(RAW DATA)

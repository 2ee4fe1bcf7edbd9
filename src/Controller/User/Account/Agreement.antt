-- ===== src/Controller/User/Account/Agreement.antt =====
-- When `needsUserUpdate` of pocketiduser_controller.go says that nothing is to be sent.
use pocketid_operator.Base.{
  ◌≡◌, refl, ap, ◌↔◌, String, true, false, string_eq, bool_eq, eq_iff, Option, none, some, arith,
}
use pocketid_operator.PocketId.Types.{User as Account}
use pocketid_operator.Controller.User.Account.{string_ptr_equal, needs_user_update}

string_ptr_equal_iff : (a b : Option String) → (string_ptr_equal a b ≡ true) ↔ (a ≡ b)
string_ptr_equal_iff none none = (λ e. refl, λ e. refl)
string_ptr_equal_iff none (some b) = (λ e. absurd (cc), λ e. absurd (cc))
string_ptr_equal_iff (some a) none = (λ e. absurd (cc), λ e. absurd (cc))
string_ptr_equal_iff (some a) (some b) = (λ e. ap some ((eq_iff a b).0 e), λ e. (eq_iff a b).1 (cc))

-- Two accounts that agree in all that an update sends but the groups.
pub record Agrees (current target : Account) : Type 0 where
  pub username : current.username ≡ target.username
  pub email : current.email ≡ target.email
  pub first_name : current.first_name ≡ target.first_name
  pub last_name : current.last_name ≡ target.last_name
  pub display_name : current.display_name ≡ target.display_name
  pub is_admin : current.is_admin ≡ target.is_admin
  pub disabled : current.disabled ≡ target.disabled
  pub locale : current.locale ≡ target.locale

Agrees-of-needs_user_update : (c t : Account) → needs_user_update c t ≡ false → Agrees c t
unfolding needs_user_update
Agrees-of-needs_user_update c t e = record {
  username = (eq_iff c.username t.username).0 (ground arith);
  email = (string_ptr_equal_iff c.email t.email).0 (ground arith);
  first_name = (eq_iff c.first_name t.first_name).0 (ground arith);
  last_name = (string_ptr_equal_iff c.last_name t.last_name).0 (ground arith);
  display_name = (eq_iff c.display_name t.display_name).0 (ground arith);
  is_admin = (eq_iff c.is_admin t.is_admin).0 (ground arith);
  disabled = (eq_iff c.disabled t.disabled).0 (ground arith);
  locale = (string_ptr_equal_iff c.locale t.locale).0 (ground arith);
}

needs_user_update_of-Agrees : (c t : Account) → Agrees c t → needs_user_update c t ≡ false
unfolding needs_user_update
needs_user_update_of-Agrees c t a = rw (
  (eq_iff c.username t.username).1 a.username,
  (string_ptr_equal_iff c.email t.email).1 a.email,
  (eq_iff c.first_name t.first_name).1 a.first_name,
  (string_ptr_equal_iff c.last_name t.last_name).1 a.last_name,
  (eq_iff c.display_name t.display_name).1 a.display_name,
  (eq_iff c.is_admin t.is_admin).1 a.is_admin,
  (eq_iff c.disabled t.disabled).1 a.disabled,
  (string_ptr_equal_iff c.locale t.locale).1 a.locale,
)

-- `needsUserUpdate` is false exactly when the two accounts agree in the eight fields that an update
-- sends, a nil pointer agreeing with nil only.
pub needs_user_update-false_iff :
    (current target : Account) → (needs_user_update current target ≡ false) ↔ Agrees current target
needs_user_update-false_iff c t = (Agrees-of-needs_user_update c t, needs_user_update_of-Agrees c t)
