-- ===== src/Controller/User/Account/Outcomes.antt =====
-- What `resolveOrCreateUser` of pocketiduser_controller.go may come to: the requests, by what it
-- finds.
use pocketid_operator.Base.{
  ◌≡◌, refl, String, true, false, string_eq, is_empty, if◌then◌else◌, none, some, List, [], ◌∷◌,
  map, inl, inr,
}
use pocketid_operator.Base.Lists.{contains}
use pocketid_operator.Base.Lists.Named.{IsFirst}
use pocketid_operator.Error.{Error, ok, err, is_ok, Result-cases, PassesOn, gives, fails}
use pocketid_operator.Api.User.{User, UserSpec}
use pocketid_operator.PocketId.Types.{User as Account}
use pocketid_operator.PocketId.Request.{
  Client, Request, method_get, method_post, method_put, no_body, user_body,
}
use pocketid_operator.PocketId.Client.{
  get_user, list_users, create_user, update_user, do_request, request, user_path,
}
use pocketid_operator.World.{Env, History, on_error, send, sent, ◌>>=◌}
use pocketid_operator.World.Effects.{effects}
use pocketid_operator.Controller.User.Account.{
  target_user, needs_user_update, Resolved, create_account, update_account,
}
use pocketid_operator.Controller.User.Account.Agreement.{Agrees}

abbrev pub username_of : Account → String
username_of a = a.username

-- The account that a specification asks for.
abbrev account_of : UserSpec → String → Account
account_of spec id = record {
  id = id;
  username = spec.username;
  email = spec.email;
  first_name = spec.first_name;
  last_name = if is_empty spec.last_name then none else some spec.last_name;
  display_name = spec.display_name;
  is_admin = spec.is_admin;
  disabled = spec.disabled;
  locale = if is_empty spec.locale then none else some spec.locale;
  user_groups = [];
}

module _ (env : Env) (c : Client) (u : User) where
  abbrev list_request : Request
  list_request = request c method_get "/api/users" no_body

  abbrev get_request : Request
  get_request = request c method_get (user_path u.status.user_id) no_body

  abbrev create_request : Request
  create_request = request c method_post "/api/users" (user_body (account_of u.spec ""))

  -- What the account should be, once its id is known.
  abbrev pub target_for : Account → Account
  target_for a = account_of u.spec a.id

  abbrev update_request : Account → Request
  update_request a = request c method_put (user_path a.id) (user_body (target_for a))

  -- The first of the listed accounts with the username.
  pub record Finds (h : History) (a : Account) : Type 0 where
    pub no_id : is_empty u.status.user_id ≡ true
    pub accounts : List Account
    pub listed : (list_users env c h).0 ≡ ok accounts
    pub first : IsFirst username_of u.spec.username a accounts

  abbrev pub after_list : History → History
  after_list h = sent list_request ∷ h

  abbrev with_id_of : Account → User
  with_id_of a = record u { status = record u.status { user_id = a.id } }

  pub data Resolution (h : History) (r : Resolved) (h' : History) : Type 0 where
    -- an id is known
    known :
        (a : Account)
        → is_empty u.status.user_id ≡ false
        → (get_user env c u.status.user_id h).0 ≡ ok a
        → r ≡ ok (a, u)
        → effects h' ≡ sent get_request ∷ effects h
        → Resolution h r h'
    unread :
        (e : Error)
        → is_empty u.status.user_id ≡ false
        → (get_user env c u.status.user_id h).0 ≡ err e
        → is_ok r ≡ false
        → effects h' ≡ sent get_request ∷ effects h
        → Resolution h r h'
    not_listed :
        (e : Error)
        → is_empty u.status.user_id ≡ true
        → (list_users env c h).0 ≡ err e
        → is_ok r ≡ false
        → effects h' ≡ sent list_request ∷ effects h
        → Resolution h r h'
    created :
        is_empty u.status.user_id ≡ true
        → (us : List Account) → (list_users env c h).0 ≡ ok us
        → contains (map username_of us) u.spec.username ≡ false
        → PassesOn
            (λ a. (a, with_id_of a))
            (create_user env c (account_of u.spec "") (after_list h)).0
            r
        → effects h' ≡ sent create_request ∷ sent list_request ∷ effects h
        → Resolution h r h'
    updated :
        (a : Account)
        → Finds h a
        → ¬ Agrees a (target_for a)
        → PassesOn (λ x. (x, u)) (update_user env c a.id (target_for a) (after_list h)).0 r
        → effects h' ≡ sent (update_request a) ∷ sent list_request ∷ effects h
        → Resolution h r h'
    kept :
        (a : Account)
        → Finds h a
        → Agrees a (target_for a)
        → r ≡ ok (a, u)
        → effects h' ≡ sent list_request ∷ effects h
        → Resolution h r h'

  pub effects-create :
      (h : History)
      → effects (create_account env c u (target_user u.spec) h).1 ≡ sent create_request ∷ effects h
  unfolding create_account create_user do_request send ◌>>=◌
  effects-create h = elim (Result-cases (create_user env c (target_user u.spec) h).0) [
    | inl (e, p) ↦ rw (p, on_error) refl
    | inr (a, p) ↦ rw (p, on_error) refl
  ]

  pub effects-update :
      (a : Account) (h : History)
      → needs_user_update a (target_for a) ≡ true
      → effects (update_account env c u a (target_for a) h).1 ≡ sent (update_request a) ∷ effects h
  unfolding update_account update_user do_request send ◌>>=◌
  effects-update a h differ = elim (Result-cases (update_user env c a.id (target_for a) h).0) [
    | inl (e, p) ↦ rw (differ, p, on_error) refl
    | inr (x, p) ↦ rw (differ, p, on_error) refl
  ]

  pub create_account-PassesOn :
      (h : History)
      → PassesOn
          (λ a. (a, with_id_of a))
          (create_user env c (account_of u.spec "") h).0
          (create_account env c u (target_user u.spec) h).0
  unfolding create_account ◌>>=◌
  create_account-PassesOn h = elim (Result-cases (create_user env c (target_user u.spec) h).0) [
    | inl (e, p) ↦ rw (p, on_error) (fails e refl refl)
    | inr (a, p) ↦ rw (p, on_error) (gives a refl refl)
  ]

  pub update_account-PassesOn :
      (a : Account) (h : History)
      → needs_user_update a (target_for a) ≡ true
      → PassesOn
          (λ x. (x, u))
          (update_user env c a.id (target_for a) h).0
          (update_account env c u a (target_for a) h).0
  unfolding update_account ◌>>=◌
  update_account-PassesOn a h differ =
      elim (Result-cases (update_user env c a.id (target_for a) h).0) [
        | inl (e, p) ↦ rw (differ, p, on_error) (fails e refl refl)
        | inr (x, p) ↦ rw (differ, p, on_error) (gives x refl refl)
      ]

(End RAW DATA)

__WHAT THIS TASK INVOLVES__. Could you return exactly the lines above from the line with "pub locale : current.locale ≡ target.locale" to the line with "username = (eq_iff", both included, and nothing else?

__ANSWER SECTION__.
  pub locale : current.locale ≡ target.locale

Agrees-of-needs_user_update : (c t : Account) → needs_user_update c t ≡ false → Agrees c t
unfolding needs_user_update
Agrees-of-needs_user_update c t e = record {
  username = (eq_iff c.username t.username).0 (ground arith);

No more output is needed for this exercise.